Source records:
====

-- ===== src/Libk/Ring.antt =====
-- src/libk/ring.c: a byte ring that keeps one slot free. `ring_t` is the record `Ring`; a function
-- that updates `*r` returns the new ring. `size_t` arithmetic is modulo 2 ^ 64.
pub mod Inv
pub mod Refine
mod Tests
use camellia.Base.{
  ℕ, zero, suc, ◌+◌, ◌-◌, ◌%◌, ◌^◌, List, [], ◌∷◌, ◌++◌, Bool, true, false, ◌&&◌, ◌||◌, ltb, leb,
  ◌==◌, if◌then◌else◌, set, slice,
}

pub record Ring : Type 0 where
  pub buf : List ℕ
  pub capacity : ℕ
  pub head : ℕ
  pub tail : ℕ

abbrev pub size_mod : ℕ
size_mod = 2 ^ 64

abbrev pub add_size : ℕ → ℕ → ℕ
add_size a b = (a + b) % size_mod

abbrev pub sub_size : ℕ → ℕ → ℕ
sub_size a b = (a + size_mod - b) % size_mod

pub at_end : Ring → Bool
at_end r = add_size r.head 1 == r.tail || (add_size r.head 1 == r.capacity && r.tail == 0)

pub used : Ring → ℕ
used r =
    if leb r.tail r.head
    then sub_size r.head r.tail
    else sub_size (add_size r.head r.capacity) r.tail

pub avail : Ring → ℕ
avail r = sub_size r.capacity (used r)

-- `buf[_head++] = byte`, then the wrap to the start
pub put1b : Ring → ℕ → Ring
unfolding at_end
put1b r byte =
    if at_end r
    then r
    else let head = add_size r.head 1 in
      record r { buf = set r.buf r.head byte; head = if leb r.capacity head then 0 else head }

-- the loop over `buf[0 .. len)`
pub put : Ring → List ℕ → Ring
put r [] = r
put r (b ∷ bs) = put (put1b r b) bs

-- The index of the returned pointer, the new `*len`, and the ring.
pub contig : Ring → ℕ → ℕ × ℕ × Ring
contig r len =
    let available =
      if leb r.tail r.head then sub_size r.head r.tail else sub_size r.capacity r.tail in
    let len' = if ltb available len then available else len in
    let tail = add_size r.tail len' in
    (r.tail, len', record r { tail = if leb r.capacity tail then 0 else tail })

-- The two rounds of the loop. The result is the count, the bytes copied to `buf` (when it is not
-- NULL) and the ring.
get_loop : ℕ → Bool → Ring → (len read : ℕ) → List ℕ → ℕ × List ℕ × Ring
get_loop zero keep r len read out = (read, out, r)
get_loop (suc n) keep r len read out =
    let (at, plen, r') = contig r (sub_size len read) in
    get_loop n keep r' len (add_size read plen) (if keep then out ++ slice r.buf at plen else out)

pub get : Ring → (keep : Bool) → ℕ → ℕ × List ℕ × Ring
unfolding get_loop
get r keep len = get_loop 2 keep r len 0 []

====

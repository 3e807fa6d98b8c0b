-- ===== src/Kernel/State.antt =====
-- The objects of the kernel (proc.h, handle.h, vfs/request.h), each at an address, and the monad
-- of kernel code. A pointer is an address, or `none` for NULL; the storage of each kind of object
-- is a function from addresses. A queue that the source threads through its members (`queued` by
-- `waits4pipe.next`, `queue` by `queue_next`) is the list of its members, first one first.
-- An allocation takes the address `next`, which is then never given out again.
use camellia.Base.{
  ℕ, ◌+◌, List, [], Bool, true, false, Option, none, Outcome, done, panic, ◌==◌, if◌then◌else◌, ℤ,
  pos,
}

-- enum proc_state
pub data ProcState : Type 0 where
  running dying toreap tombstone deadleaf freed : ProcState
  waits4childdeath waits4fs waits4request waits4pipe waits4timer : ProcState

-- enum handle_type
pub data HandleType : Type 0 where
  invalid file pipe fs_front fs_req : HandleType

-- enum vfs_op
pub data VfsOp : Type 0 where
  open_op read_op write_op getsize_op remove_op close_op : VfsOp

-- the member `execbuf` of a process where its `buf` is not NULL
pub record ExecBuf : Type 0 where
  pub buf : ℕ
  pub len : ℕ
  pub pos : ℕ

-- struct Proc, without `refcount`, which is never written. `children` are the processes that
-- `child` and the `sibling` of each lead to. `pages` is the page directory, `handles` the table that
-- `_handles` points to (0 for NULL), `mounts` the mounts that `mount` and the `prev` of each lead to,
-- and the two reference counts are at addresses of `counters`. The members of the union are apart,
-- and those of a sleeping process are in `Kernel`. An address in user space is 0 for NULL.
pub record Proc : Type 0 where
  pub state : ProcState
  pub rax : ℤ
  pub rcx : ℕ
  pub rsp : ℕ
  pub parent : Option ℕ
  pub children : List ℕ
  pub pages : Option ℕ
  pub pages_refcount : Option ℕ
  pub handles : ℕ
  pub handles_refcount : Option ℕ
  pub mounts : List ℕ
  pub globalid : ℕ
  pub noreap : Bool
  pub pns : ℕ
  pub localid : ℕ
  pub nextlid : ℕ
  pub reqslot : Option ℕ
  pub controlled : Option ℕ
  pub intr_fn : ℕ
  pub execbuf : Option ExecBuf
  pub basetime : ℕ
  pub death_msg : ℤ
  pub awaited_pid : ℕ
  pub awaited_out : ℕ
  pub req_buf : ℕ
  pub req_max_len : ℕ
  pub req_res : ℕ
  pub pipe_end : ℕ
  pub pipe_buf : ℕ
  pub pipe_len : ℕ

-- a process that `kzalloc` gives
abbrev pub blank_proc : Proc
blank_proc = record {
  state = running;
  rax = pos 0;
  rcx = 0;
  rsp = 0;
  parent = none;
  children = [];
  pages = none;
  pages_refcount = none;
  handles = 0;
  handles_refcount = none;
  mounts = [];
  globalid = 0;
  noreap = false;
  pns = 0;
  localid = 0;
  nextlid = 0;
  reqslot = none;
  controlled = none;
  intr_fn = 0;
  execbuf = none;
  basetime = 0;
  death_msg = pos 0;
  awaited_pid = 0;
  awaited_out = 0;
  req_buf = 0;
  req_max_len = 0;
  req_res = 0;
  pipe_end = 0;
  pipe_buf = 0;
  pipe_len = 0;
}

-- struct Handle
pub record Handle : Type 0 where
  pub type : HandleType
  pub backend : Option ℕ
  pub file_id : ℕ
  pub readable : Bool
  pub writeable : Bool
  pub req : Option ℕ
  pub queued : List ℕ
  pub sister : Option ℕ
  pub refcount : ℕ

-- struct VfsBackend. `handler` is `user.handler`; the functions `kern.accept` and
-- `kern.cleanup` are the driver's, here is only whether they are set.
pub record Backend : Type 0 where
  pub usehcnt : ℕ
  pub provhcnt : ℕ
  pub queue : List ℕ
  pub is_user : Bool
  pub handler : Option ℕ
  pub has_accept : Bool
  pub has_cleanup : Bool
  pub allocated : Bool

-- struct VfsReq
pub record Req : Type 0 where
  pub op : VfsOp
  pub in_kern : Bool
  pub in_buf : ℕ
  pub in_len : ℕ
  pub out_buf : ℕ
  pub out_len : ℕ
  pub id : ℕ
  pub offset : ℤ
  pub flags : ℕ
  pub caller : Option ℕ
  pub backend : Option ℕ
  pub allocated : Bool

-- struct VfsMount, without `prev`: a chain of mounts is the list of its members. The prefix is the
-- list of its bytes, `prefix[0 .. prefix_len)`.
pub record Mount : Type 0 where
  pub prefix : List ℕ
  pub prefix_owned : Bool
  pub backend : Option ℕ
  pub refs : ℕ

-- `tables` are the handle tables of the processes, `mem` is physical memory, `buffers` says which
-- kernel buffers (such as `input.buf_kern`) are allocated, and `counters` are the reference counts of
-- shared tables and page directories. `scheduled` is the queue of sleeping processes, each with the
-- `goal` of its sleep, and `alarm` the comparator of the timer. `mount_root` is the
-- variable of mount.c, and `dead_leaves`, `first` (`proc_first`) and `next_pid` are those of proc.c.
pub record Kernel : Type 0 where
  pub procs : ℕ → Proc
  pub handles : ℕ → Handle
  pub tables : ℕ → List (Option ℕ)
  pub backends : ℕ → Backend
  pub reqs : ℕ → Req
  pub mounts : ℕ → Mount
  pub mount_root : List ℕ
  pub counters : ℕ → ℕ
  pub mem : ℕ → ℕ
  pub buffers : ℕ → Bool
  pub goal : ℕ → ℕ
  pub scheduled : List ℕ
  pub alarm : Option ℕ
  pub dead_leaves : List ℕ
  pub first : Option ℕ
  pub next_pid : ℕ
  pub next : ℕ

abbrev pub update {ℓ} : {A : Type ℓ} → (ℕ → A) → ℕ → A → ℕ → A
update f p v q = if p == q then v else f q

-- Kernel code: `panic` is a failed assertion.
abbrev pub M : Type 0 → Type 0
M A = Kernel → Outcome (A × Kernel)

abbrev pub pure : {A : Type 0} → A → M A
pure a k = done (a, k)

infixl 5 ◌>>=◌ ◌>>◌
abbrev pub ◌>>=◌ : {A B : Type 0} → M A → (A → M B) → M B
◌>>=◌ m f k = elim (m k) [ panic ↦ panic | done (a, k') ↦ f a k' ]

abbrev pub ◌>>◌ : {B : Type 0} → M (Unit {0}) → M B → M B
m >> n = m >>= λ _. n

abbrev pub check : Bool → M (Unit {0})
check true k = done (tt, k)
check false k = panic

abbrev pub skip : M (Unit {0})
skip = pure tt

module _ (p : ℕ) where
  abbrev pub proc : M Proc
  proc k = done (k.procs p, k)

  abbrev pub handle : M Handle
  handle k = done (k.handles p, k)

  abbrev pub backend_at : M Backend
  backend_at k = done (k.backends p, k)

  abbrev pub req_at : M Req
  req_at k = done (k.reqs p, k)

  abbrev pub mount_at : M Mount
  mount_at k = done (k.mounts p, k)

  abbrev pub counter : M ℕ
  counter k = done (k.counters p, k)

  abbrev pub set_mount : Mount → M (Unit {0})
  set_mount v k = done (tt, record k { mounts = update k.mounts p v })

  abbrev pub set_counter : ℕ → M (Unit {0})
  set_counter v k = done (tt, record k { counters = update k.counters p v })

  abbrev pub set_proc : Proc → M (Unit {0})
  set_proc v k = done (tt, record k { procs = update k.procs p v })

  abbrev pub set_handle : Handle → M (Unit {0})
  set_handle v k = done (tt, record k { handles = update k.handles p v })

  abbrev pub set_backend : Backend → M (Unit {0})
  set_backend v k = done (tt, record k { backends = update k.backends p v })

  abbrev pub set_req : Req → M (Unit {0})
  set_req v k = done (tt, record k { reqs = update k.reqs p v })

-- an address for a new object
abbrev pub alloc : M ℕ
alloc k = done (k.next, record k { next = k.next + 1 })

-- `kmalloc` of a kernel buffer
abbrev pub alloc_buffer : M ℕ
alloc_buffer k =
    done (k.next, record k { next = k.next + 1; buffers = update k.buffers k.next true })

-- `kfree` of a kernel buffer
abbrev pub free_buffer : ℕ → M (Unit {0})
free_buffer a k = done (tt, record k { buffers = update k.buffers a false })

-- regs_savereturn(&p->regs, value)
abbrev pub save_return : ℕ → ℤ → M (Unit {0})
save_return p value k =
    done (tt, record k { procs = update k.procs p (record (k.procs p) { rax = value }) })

====

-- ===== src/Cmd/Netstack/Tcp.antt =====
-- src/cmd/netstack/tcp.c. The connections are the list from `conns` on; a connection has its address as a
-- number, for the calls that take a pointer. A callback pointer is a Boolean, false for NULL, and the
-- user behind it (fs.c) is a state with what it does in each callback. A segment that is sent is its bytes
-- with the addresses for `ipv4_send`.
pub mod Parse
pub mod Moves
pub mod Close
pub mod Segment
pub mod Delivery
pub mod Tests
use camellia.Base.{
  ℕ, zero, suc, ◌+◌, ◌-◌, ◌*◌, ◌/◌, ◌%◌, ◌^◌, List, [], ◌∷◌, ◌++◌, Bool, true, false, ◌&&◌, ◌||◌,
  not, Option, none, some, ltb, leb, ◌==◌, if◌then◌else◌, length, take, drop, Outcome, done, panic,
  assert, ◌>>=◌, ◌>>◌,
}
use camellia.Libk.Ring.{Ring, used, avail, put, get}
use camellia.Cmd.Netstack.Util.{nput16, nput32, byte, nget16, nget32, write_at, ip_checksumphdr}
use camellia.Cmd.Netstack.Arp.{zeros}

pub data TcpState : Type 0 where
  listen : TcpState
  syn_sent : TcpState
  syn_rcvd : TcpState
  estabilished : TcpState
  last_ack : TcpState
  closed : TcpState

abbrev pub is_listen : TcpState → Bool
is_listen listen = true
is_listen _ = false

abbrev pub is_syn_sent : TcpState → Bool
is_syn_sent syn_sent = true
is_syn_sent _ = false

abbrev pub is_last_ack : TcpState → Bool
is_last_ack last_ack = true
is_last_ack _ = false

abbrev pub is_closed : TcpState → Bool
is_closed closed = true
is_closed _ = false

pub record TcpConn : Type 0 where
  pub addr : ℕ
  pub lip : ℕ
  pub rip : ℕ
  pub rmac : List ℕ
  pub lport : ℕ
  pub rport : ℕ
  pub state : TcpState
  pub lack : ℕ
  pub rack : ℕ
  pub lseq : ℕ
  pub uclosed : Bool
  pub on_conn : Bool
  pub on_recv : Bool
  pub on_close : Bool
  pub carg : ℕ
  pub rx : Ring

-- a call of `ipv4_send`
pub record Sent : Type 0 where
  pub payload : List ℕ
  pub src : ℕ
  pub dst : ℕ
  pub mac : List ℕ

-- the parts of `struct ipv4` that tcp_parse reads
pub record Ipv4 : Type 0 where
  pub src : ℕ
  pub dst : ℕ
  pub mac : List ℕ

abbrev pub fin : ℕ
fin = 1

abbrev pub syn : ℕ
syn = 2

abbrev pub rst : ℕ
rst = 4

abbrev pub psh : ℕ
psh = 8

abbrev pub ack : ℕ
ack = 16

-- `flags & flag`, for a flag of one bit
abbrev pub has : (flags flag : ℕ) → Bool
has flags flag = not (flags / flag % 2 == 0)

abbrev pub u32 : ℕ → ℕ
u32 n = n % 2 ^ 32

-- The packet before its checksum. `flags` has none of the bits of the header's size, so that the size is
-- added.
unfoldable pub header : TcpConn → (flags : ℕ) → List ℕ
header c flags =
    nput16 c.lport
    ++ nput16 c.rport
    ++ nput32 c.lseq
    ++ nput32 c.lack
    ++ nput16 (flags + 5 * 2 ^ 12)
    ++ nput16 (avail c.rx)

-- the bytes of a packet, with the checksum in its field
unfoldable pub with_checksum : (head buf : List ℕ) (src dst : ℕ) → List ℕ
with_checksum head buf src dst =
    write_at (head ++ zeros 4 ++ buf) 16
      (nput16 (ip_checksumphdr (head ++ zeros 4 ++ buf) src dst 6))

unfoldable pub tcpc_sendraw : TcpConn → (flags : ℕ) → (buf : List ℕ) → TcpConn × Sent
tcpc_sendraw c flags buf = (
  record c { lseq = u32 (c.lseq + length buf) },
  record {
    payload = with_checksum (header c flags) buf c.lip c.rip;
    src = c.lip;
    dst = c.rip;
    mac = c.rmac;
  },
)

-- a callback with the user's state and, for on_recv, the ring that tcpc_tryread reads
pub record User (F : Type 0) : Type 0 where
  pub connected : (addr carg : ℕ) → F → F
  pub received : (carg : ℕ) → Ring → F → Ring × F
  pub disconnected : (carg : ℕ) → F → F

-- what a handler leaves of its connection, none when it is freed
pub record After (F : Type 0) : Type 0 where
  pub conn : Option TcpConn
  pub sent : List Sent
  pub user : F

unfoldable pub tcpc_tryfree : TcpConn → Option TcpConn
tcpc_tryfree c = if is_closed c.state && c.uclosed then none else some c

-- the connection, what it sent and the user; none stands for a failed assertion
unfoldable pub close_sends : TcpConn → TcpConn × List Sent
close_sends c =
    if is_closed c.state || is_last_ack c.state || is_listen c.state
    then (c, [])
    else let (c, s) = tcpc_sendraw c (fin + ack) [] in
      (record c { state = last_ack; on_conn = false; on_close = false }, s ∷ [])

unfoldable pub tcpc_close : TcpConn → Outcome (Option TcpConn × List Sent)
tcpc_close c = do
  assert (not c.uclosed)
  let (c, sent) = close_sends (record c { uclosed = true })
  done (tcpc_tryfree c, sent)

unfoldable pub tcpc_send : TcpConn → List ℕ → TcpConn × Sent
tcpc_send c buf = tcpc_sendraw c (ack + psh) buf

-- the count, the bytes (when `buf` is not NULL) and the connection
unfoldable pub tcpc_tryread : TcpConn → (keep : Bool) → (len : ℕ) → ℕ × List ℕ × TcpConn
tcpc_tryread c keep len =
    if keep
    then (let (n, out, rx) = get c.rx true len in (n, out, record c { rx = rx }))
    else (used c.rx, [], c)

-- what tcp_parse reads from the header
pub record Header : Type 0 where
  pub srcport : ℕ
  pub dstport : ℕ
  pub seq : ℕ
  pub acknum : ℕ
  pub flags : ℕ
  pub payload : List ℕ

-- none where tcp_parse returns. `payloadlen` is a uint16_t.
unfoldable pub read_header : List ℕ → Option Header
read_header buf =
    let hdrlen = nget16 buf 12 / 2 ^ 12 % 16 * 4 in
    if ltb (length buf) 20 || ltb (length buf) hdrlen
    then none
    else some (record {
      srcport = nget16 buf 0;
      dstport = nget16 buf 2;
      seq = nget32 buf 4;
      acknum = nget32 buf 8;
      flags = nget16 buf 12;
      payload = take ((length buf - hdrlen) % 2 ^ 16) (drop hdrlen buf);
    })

====

> [Task details]: What you give back should be only the lines of the records above, starting at the line with "-- The two rounds" and ending at the line with "unfolding get_loop", restated word for word.

> [Solution]:
-- The two rounds of the loop. The result is the count, the bytes copied to `buf` (when it is not
-- NULL) and the ring.
get_loop : ℕ → Bool → Ring → (len read : ℕ) → List ℕ → ℕ × List ℕ × Ring
get_loop zero keep r len read out = (read, out, r)
get_loop (suc n) keep r len read out =
    let (at, plen, r') = contig r (sub_size len read) in
    get_loop n keep r' len (add_size read plen) (if keep then out ++ slice r.buf at plen else out)

pub get : Ring → (keep : Bool) → ℕ → ℕ × List ℕ × Ring
unfolding get_loop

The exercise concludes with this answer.